The Disputed Contract
Florida Hospital says it hasn’t renegotiated the contract with United Healthcare since 2001. Now United Healthcare wants to keep its rates lower than what other private insurers are paying the hospital. “If we were to accept the original rate increase proposed by Florida Hospital, it would mean employers and their employees would be paying 63% more for their services at Florida Hospital by 2014 compared to what they pay today,” says Tracey Lempner, a United Healthcare spokeswoman. “We have a responsibility to our enrollees and employers in central Florida to provide access to health care at affordable rates, and we could not agree to increases that would raise their expenses so sharply.”
“We’re not talking about what the number is. They’re the ones who have thrown the number out there,” Florida Hospital spokeswoman Sam Olenick said. But Olenick didn’t dispute the figure, either, saying it only shows how far United Healthcare is lagging behind other insurers in terms of what it ought to be paying. For example, an MRI might cost $700 more in three years than it does now, for a United Healthcare patient.
“The parity issue with United is that all of their competitors are at a certain point with Florida hospital on our contracts,” Lars Houmann, the Florida Hospital CEO, says in a video on Florida Hospital’s website, “and we’re happy with where we’re at with all of them, and United has a distinct head start because they’re, what they’re paying for services from Florida Hospital, it is not where those others are, and we don’t think they should have that unfair advantage in the market.”
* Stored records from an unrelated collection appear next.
-- ===== src/Scanner/Leaders/Forest.antt =====
-- The union-find of bot/src/bot/scanner/leaders.py refines a partition, given by the function from
-- each index to its representative. Path halving leaves the partition as it is, and the loop of
-- `find` ends.
use quick_stock_bot.Prelude.{
  ℕ, zero, suc, ◌≤◌, ◌<◌, ◌≡◌, ◌≢◌, refl, nat_eq, if◌then◌else◌, arith, Bool-cases, inl, inr, ◌&&◌,
  not,
}
use quick_stock_bot.Scanner.Leaders.{Parents, set_parent, find, union}

-- `root` is the partition of `parent`; `depth` bounds the steps to the root, and is at most `bound`.
pub record Represents (root depth : ℕ → ℕ) (bound : ℕ) (parent : Parents) : Type 0 where
  pub parent_root : (x : ℕ) → parent (root x) ≡ root x
  pub root_parent : (x : ℕ) → root (parent x) ≡ root x
  pub root_of_fixed : (x : ℕ) → parent x ≡ x → root x ≡ x
  pub depth_root : (x : ℕ) → depth (root x) ≡ 0
  pub depth_parent : (x : ℕ) → parent x ≢ x → depth (parent x) < depth x
  pub depth_le : (x : ℕ) → depth x ≤ bound

pub identity-Represents : Represents (λ x. x) (λ x. 0) 0 (λ x. x)
identity-Represents = record {
  parent_root = λ x. refl;
  root_parent = λ x. refl;
  root_of_fixed = λ x h. refl;
  depth_root = λ x. refl;
  depth_parent = λ x h. absurd (h refl);
  depth_le = λ x. omega arith;
}

module _ {root depth : ℕ → ℕ} {bound : ℕ} where
  -- one round of the loop
  halve-Represents :
      (i : ℕ) (parent : Parents) (r : Represents root depth bound parent)
      → parent i ≢ i
      → Represents root depth bound (set_parent parent i (parent (parent i)))
  halve-Represents i parent r h = record {
    parent_root = λ x. ground (arith, r.parent_root x, h);
    root_parent = λ x. ground (arith, r.root_parent x, r.root_parent i, r.root_parent (parent i));
    root_of_fixed =
        λ x e. ground (arith, h, r.root_of_fixed x, r.depth_parent i, r.depth_parent (parent i));
    depth_root = r.depth_root;
    depth_parent =
        λ x e. ground (arith, h, e, r.depth_parent x, r.depth_parent i, r.depth_parent (parent i));
    depth_le = r.depth_le;
  }

  pub find-Represents :
      (fuel i : ℕ) (parent : Parents) (r : Represents root depth bound parent)
      → depth i < fuel
      → ((find fuel i parent).0 ≡ root i) × Represents root depth bound (find fuel i parent).1
  unfolding find
  find-Represents zero i parent r h = absurd (omega arith)
  find-Represents (suc fuel) i parent r h = elim (Bool-cases (nat_eq (parent i) i)) [
    | inl top ↦ rw top (ground (arith, r.root_of_fixed i), r)
    | inr more ↦
        let unfixed : parent i ≢ i = ground arith in
        let r' = halve-Represents i parent r unfixed in
        let next = parent (parent i) in
        let (at_root, after) =
          find-Represents fuel next (set_parent parent i next) r'
            (ground (arith, unfixed, r.depth_parent i, r.depth_parent (parent i))) in
        rw more (ground (arith, at_root, r.root_parent i, r.root_parent (parent i)), after)
  ]

-- the partition in which the parts of `i` and `j` are one
abbrev pub merge : (ℕ → ℕ) → ℕ → ℕ → ℕ → ℕ
merge root i j x = if nat_eq (root x) (root i) then root j else root x

abbrev pub deepen : (ℕ → ℕ) → (ℕ → ℕ) → ℕ → ℕ → ℕ → ℕ
deepen root depth i j x =
    if nat_eq (root x) (root i) && not (nat_eq (root i) (root j)) then suc (depth x) else depth x

module _ {root depth : ℕ → ℕ} {bound : ℕ} (i j : ℕ) where
  link-Represents :
      (parent : Parents)
      → Represents root depth bound parent
      → Represents
          (merge root i j)
          (deepen root depth i j)
          (suc bound)
          (set_parent parent (root i) (root j))
  link-Represents parent r =
      let idem : (x : ℕ) → root (root x) ≡ root x =
        λ x. r.root_of_fixed (root x) (r.parent_root x) in
      record {
        parent_root = λ x. ground (arith, r.parent_root x, r.parent_root j, r.parent_root i);
        root_parent = λ x. ground (arith, r.root_parent x, idem j, idem i);
        root_of_fixed = λ x e. ground (arith, r.root_of_fixed x, idem j, idem i);
        depth_root = λ x. ground (arith, r.depth_root x, r.depth_root j, idem x, idem j);
        depth_parent = λ x e. ground (
          arith,
          e,
          r.depth_parent x,
          r.root_parent x,
          r.depth_root i,
          r.depth_root j,
          idem i,
          idem j,
        );
        depth_le = λ x. ground (arith, r.depth_le x);
      }

  pub union-Represents :
      (fuel : ℕ) (parent : Parents)
      → Represents root depth bound parent
      → bound < fuel
      → Represents (merge root i j) (deepen root depth i j) (suc bound) (union fuel i j parent)
  unfolding union
  union-Represents fuel parent r h =
      let (found_j, r') = find-Represents fuel j parent r (ground (arith, r.depth_le j)) in
      let parent' = (find fuel j parent).1 in
      let (found_i, r'') = find-Represents fuel i parent' r' (ground (arith, r.depth_le i)) in
      rw (found_j, found_i) (link-Represents (find fuel i parent').1 r'')
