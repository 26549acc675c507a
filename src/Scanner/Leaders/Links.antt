-- ===== src/Scanner/Leaders/Links.antt =====
-- The pairs of similar symbols in bot/src/bot/scanner/leaders.py: after the first loop two symbols have
-- one root exactly when a chain of similar pairs links them.
use quick_stock_bot.Prelude.{
  ℕ, zero, suc, ◌+◌, ◌-◌, ◌*◌, ◌≤◌, ◌<◌, ◌≡◌, refl, sym, ◌∙◌, true, nat_eq, if◌then◌else◌, arith,
  Bool-cases, inl, inr, List, [], ◌∷◌, length, Option, none, some, ◌↔◌,
}
use quick_stock_bot.Num.{Float}
use quick_stock_bot.Scanner.State.{TickerState}
use quick_stock_bot.Scanner.Leaders.{is_similar, join_with, join_all, union, Parents}
use quick_stock_bot.Scanner.Leaders.Forest.{Represents, merge, deepen, union-Represents}

-- linked by a chain of steps of `R`, in either direction
pub data Linked (R : ℕ → ℕ → Type 0) : ℕ → ℕ → Type 0 where
  here : (i : ℕ) → Linked R i i
  step : {i j : ℕ} → R i j → Linked R i j
  back : {i j : ℕ} → Linked R i j → Linked R j i
  chain : {i j k : ℕ} → Linked R i j → Linked R j k → Linked R i k

abbrev pub get_elem? {ℓ} : {A : Type ℓ} → List A → ℕ → Option A
get_elem? [] i = none
get_elem? (x ∷ xs) zero = some x
get_elem? (x ∷ xs) (suc i) = get_elem? xs i

-- `g` reads as the list from index `j` on, and ends there.
abbrev pub Reads {ℓ} : {A : Type ℓ} → (ℕ → Option A) → ℕ → List A → Type ℓ
Reads g j [] = (k : ℕ) → j ≤ k → g k ≡ none
Reads g j (t ∷ ts) = (g j ≡ some t) × Reads g (suc j) ts

pub get_elem?-Reads {ℓ} :
    {A : Type ℓ} (g : ℕ → Option A) (j : ℕ) (ts : List A)
    → ((k : ℕ) → g (j + k) ≡ get_elem? ts k)
    → Reads g j ts
get_elem?-Reads g j [] h = λ k le. rw (← (let e : j + (k - j) ≡ k = omega arith in e)) (h (k - j))
get_elem?-Reads g j (t ∷ ts) h = (
  (let e : j + 0 ≡ j = omega arith in rw (← e) (h 0)),
  get_elem?-Reads g (suc j) ts
      (λ k. (let e : suc j + k ≡ j + suc k = omega arith in rw e (h (suc k)))),
)

module _ {F : Type 0} ⦃num : Float F⦄ (threshold : F) where
  -- the indices `i < j` of two symbols whose similarity reaches the threshold
  abbrev pub IsPair : (ℕ → Option (TickerState F)) → ℕ → ℕ → Type 0
  IsPair g i j =
      (s : TickerState F) × (t : TickerState F) × (g i ≡ some s)
      × (g j ≡ some t)
      × (i < j)
      × (is_similar threshold s t ≡ true)

  -- the loops, on partitions
  merge_with : ℕ → TickerState F → ℕ → List (TickerState F) → (ℕ → ℕ) → ℕ → ℕ
  merge_with i s j [] root = root
  merge_with i s j (t ∷ ts) root =
      merge_with i s (suc j) ts (if is_similar threshold s t then merge root i j else root)

  pub merge_all : ℕ → List (TickerState F) → (ℕ → ℕ) → ℕ → ℕ
  merge_all i [] root = root
  merge_all i (s ∷ ss) root = merge_all (suc i) ss (merge_with i s (suc i) ss root)

  merge_with_keeps :
      (i : ℕ) (s : TickerState F) (j : ℕ) (ts : List (TickerState F)) (root : ℕ → ℕ) (x y : ℕ)
      → root x ≡ root y
      → merge_with i s j ts root x ≡ merge_with i s j ts root y
  unfolding merge_with
  merge_with_keeps i s j [] root x y h = h
  merge_with_keeps i s j (t ∷ ts) root x y h =
      merge_with_keeps i s (suc j) ts (if is_similar threshold s t then merge root i j else root) x
        y (ground arith)

  merge_all_keeps :
      (i : ℕ) (ss : List (TickerState F)) (root : ℕ → ℕ) (x y : ℕ)
      → root x ≡ root y
      → merge_all i ss root x ≡ merge_all i ss root y
  unfolding merge_all
  merge_all_keeps i [] root x y h = h
  merge_all_keeps i (s ∷ ss) root x y h =
      merge_all_keeps (suc i) ss (merge_with i s (suc i) ss root) x y
        (merge_with_keeps i s (suc i) ss root x y h)

  module _ (g : ℕ → Option (TickerState F)) where
    -- every index is linked to its root
    merge-Linked :
        (root : ℕ → ℕ) (i j : ℕ)
        → IsPair g i j
        → ((x : ℕ) → Linked (IsPair g) x (root x))
        → (x : ℕ) → Linked (IsPair g) x (merge root i j x)
    merge-Linked root i j pair h x = elim (Bool-cases (nat_eq (root x) (root i))) [
      | inl same ↦ rw same (
          let e : root x ≡ root i = ground arith in
          chain (h x) (rw e (chain (back (h i)) (chain (step pair) (h j)))))
      | inr other ↦ rw other (h x)
    ]

    merge_with-Linked :
        (i : ℕ) (s : TickerState F) (j : ℕ) (ts : List (TickerState F)) (root : ℕ → ℕ)
        → g i ≡ some s
        → i < j
        → Reads g j ts
        → ((x : ℕ) → Linked (IsPair g) x (root x))
        → (x : ℕ) → Linked (IsPair g) x (merge_with i s j ts root x)
    unfolding merge_with
    merge_with-Linked i s j [] root at_i below reads h = h
    merge_with-Linked i s j (t ∷ ts) root at_i below (at_j, reads) h =
        elim (Bool-cases (is_similar threshold s t)) [
          | inl close ↦ rw close (
              merge_with-Linked i s (suc j) ts (merge root i j) at_i (omega arith) reads
                (merge-Linked root i j (s, t, at_i, at_j, below, close) h))
          | inr far ↦ rw far (merge_with-Linked i s (suc j) ts root at_i (omega arith) reads h)
        ]

    merge_all-Linked' :
        (i : ℕ) (ss : List (TickerState F)) (root : ℕ → ℕ)
        → Reads g i ss
        → ((x : ℕ) → Linked (IsPair g) x (root x))
        → (x : ℕ) → Linked (IsPair g) x (merge_all i ss root x)
    unfolding merge_all
    merge_all-Linked' i [] root reads h = h
    merge_all-Linked' i (s ∷ ss) root (at_i, reads) h =
        merge_all-Linked' (suc i) ss (merge_with i s (suc i) ss root) reads
          (merge_with-Linked i s (suc i) ss root at_i (omega arith) reads h)

    -- a pair has one root after the round of its second index
    merge_with_joins :
        (i : ℕ) (s : TickerState F) (j k : ℕ) (t : TickerState F) (ts : List (TickerState F))
        (root : ℕ → ℕ)
        → Reads g j ts
        → j ≤ k
        → g k ≡ some t
        → is_similar threshold s t ≡ true
        → merge_with i s j ts root i ≡ merge_with i s j ts root k
    unfolding merge_with
    merge_with_joins i s j k t [] root reads le at_k close = absurd (ground (arith, reads k le))
    merge_with_joins i s j k t (u ∷ ts) root (at_j, reads) le at_k close =
        let root' = if is_similar threshold s u then merge root i j else root in
        elim (Bool-cases (nat_eq j k)) [
          | inl now ↦
              let same : j ≡ k = ground arith in
              let same_state : u ≡ t = ground (arith, rw same at at_j) in
              merge_with_keeps i s (suc j) ts root' i k
                (rw (same_state, close, ← same) (ground arith))
          | inr later ↦ merge_with_joins i s (suc j) k t ts root' reads (ground arith) at_k close
        ]

    merge_all_joins :
        (i k l : ℕ) (ss : List (TickerState F)) (root : ℕ → ℕ)
        → Reads g i ss
        → i ≤ k
        → IsPair g k l
        → merge_all i ss root k ≡ merge_all i ss root l
    unfolding merge_all
    merge_all_joins i k l [] root reads le (s, t, at_k, at_l, below, close) =
        absurd (ground (arith, reads k le))
    merge_all_joins i k l (u ∷ ss) root (at_i, reads) le (s, t, at_k, at_l, below, close) =
        let root' = merge_with i u (suc i) ss root in
        elim (Bool-cases (nat_eq i k)) [
          | inl now ↦
              let same : i ≡ k = ground arith in
              let same_state : u ≡ s = ground (arith, rw same at at_i) in
              merge_all_keeps (suc i) ss root' k l (
                rw (← same) (
                  merge_with_joins i u (suc i) l t ss root reads (ground arith) at_l
                    (rw same_state close)))
          | inr later ↦
              merge_all_joins (suc i) k l ss root' reads (ground arith)
                (s, t, at_k, at_l, below, close)
        ]

    pub merge_all-Linked :
        (ss : List (TickerState F))
        → Reads g 0 ss
        → (k l : ℕ)
        → (merge_all 0 ss (λ i. i) k ≡ merge_all 0 ss (λ i. i) l) ↔ Linked (IsPair g) k l
    merge_all-Linked ss reads k l = (
      λ e.
          let reach = merge_all-Linked' 0 ss (λ i. i) reads (λ x. here x) in
          chain (reach k) (rw e (back (reach l))),
      same_root,
    )
      where
        same_root :
            {k l : ℕ}
            → Linked (IsPair g) k l
            → merge_all 0 ss (λ i. i) k ≡ merge_all 0 ss (λ i. i) l
        same_root (here i) = refl
        same_root (step {i} {j} p) = merge_all_joins 0 i j ss (λ i. i) reads (omega arith) p
        same_root (back h) = sym (same_root h)
        same_root (chain h h') = same_root h ∙ same_root h'

  -- the loops on the list `parent` are those on partitions
  join_with-Represents :
      (fuel i : ℕ) (s : TickerState F) (j : ℕ) (ts : List (TickerState F)) (bound : ℕ)
      (root depth : ℕ → ℕ) (parent : Parents)
      → Represents root depth bound parent
      → bound + length ts < fuel
      → (depth' : ℕ → ℕ) × (bound' : ℕ) × (bound' ≤ bound + length ts)
        × Represents
            (merge_with i s j ts root)
            depth'
            bound'
            (join_with threshold fuel i s j ts parent)
  unfolding merge_with join_with
  join_with-Represents fuel i s j [] bound root depth parent r h = (depth, bound, omega arith, r)
  join_with-Represents fuel i s j (t ∷ ts) bound root depth parent r h =
      elim (Bool-cases (is_similar threshold s t)) [
        | inl close ↦ rw close (
            let (depth', bound', le, r') =
              join_with-Represents fuel i s (suc j) ts (suc bound) (merge root i j)
                (deepen root depth i j) (union fuel i j parent)
                (union-Represents i j fuel parent r (omega arith)) (omega arith) in
            (depth', bound', omega arith, r'))
        | inr far ↦ rw far (
            let (depth', bound', le, r') =
              join_with-Represents fuel i s (suc j) ts bound root depth parent r (omega arith) in
            (depth', bound', omega arith, r'))
      ]

  -- the number of pairs of a list
  pub pair_count : List (TickerState F) → ℕ
  pair_count [] = 0
  pair_count (s ∷ ss) = length ss + pair_count ss

  pub pair_count-le : (ss : List (TickerState F)) → pair_count ss ≤ length ss * length ss
  unfolding pair_count
  pair_count-le [] = omega arith
  pair_count-le (s ∷ ss) = grind (arith, pair_count-le ss)

  pub join_all-Represents :
      (fuel i : ℕ) (ss : List (TickerState F)) (bound : ℕ) (root depth : ℕ → ℕ) (parent : Parents)
      → Represents root depth bound parent
      → bound + pair_count ss < fuel
      → (depth' : ℕ → ℕ) × (bound' : ℕ) × (bound' ≤ bound + pair_count ss)
        × Represents (merge_all i ss root) depth' bound' (join_all threshold fuel i ss parent)
  unfolding merge_all join_all pair_count
  join_all-Represents fuel i [] bound root depth parent r h = (depth, bound, omega arith, r)
  join_all-Represents fuel i (s ∷ ss) bound root depth parent r h =
      let (depth', bound', le, r') =
        join_with-Represents fuel i s (suc i) ss bound root depth parent r (omega arith) in
      let (depth'', bound'', le', r'') =
        join_all-Represents fuel (suc i) ss bound' (merge_with i s (suc i) ss root) depth'
          (join_with threshold fuel i s (suc i) ss parent) r' (omega arith) in
      (depth'', bound'', omega arith, r'')
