-- ===== src/Scanner/Leaders/Groups.antt =====
-- The clusters of bot/src/bot/scanner/leaders.py are the classes of linked symbols.
use quick_stock_bot.Prelude.{
  ℕ, zero, suc, ◌+◌, ◌*◌, ◌<◌, ◌≡◌, ap, ◌↔◌, Bool, true, false, ◌||◌, ◌&&◌, nat_eq, if◌then◌else◌,
  arith, Bool-cases, inl, inr, List, [], ◌∷◌, ◌++◌, length,
}
use quick_stock_bot.Num.{Float}
use quick_stock_bot.Scanner.State.{TickerState}
use quick_stock_bot.Scanner.Leaders.{
  Clusters, Parents, find, push, gather, clusters_of, join_all, fuel_for,
}
use quick_stock_bot.Scanner.Leaders.Forest.{Represents, identity-Represents, find-Represents}
use quick_stock_bot.Scanner.Leaders.Links.{
  Linked, IsPair, get_elem?, get_elem?-Reads, merge_all, merge_all-Linked, pair_count-le,
  join_all-Represents,
}

abbrev pub is_member : ℕ → List ℕ → Bool
is_member x [] = false
is_member x (y ∷ ys) = nat_eq y x || is_member x ys

-- some cluster has both indices
abbrev pub together : ℕ → ℕ → Clusters → Bool
together x y [] = false
together x y ((_, members) ∷ rest) =
    (is_member x members && is_member y members) || together x y rest

is_member-push :
    (x i : ℕ) (members : List ℕ)
    → is_member x (members ++ (i ∷ [])) ≡ (is_member x members || nat_eq i x)
is_member-push x i [] = ground arith
is_member-push x i (y ∷ ys) = ground (arith, is_member-push x i ys)

-- the cluster of a root has the index
abbrev pub filed : ℕ → ℕ → Clusters → Bool
filed root x [] = false
filed root x ((key, members) ∷ rest) =
    if nat_eq key root then is_member x members else filed root x rest

filed-push :
    (root i key x : ℕ) (cs : Clusters)
    → filed key x (push root i cs) ≡ (filed key x cs || (nat_eq root key && nat_eq i x))
unfolding push
filed-push root i key x [] = ground arith
filed-push root i key x ((k, members) ∷ rest) =
    ground (arith, is_member-push x i members, filed-push root i key x rest)

-- every member is below `n` and has the key as its root
abbrev pub IsFiled : (ℕ → ℕ) → ℕ → Clusters → Type 0
IsFiled root n [] = Unit
IsFiled root n ((key, members) ∷ rest) =
    ((x : ℕ) → is_member x members ≡ true → (root x ≡ key) × (x < n)) × IsFiled root n rest

together_complete :
    (key x y : ℕ) (cs : Clusters)
    → filed key x cs ≡ true
    → filed key y cs ≡ true
    → together x y cs ≡ true
together_complete key x y [] ex ey = ex
together_complete key x y ((k, members) ∷ rest) ex ey =
    ground (arith, together_complete key x y rest)

module _ (root : ℕ → ℕ) where
  IsFiled-suc : (n : ℕ) (cs : Clusters) → IsFiled root n cs → IsFiled root (suc n) cs
  IsFiled-suc n [] h = tt
  IsFiled-suc n ((key, members) ∷ rest) (h, hs) =
      (λ x e. ground (arith, h x e), IsFiled-suc n rest hs)

  IsFiled-push :
      (n : ℕ) (cs : Clusters) → IsFiled root n cs → IsFiled root (suc n) (push (root n) n cs)
  unfolding push
  IsFiled-push n [] h = (λ x e. ground arith, tt)
  IsFiled-push n ((key, members) ∷ rest) (h, hs) = elim (Bool-cases (nat_eq key (root n))) [
    | inl same ↦
        rw same (λ x e. ground (arith, is_member-push x n members, h x, e), IsFiled-suc n rest hs)
    | inr other ↦ rw other (λ x e. ground (arith, h x e), IsFiled-push n rest hs)
  ]

  together_sound :
      (n x y : ℕ) (cs : Clusters)
      → IsFiled root n cs
      → together x y cs ≡ true
      → (root x ≡ root y) × (x < n) × (y < n)
  together_sound n x y [] h e = absurd (ground arith)
  together_sound n x y ((key, members) ∷ rest) (h, hs) e =
      ground (arith, h x, h y, together_sound n x y rest hs)

  -- the second loop: the clusters after it are in order, and every index is filed under its root
  gather_files :
      (rounds fuel i bound : ℕ) (depth : ℕ → ℕ) (parent : Parents) (cs : Clusters)
      → Represents root depth bound parent
      → bound < fuel
      → IsFiled root i cs
      → ((x : ℕ) → x < i → filed (root x) x cs ≡ true)
      → IsFiled root (rounds + i) (gather rounds fuel i parent cs)
        × ((x : ℕ) → x < rounds + i → filed (root x) x (gather rounds fuel i parent cs) ≡ true)
  unfolding gather
  gather_files zero fuel i bound depth parent cs r b h k =
      ((let e : 0 + i ≡ i = omega arith in rw e h), λ x lt. k x (omega arith))
  gather_files (suc rounds) fuel i bound depth parent cs r b h k =
      let (at_root, r') = find-Represents fuel i parent r (ground (arith, r.depth_le i)) in
      let parent' = (find fuel i parent).1 in
      let e : suc rounds + i ≡ rounds + suc i = omega arith in
      rw (at_root, e)
        (gather_files rounds fuel (suc i) bound depth parent' (push (root i) i cs) r' b
          (IsFiled-push i cs h) (λ x lt. ground (arith, k x, filed-push (root i) i (root x) x cs)))

module _ {F : Type 0} ⦃num : Float F⦄ (threshold : F) (states : List (TickerState F)) where
  -- the roots after the first loop
  pub root_of : ℕ → ℕ
  root_of = merge_all threshold 0 states (λ i. i)

  pub clusters_of-IsFiled :
      IsFiled root_of (length states + 0) (clusters_of threshold states)
      × ((x : ℕ)
          → x < length states + 0
          → filed (root_of x) x (clusters_of threshold states) ≡ true)
  unfolding clusters_of fuel_for root_of
  clusters_of-IsFiled =
      let n = length states in
      let (depth, bound, le, r) =
        join_all-Represents threshold (suc (n * n)) 0 states 0 (λ i. i) (λ i. 0) (λ i. i)
          identity-Represents (omega (arith, pair_count-le threshold states)) in
      let parent = join_all threshold (suc (n * n)) 0 states (λ i. i) in
      gather_files root_of n (suc (n * n)) 0 bound depth parent [] r
        (omega (arith, pair_count-le threshold states)) tt (λ z lt. absurd (omega arith))

  -- Two symbols stand in one cluster exactly when a chain of pairs, each as similar as the threshold
  -- asks, links them. The loops of `find` end before their fuel does.
  pub clusters_of-Linked :
      (x y : ℕ)
      → x < length states
      → y < length states
      → (together x y (clusters_of threshold states) ≡ true)
        ↔ Linked (IsPair threshold (get_elem? states)) x y
  unfolding root_of
  clusters_of-Linked x y hx hy =
      let cs = clusters_of threshold states in
      let (filed_ok, all_filed) = clusters_of-IsFiled in
      let link =
        merge_all-Linked threshold (get_elem? states) states
          (get_elem?-Reads (get_elem? states) 0 states (λ k. ap (get_elem? states) (omega arith))) x
          y in
      (
        λ e. link.0 (together_sound root_of (length states + 0) x y cs filed_ok e).0,
        λ l.
            let same : root_of x ≡ root_of y = link.1 l in
            together_complete (root_of x) x y cs (all_filed x (omega arith))
              (rw same (all_filed y (omega arith))),
      )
But there is no parity between what private insurers pay for procedures and what Medicare pays, which is typically lower. Florida Hospital isn’t about to jeopardize the coverage of Medicare patients over that (and run afoul of federal regulations or lose one of its most lucrative source of income: elderly patients).
Lempner said “UnitedHealthcare fully supports a single fee schedule across all plan designs to simplify the contract and make it easier for both parties to process claims.”
Another point of contention is United Healthcare’s emerging demand from hospitals that the insurance company be notified within 24 hours whenever a patient wants services. The reason the insurer wants that leverage is because it increases the insurer’s ability to deny coverage upfront and limit exposure to payments down the line. Hospitals are resistant to the notification, in some states legislatures have either approved laws or are considering laws that would prevent the 24-hour notification requirements from being in effect, at least on weekends and holidays.
Asked if the 24-hour notification is part of the dispute in Fliorida, Lempner said: “We cannot discuss the specifics of contracts that we have with individual hospital systems.”
That, in the end, is the shield behind which both sides are hiding as they make unverifiable declarations to the public.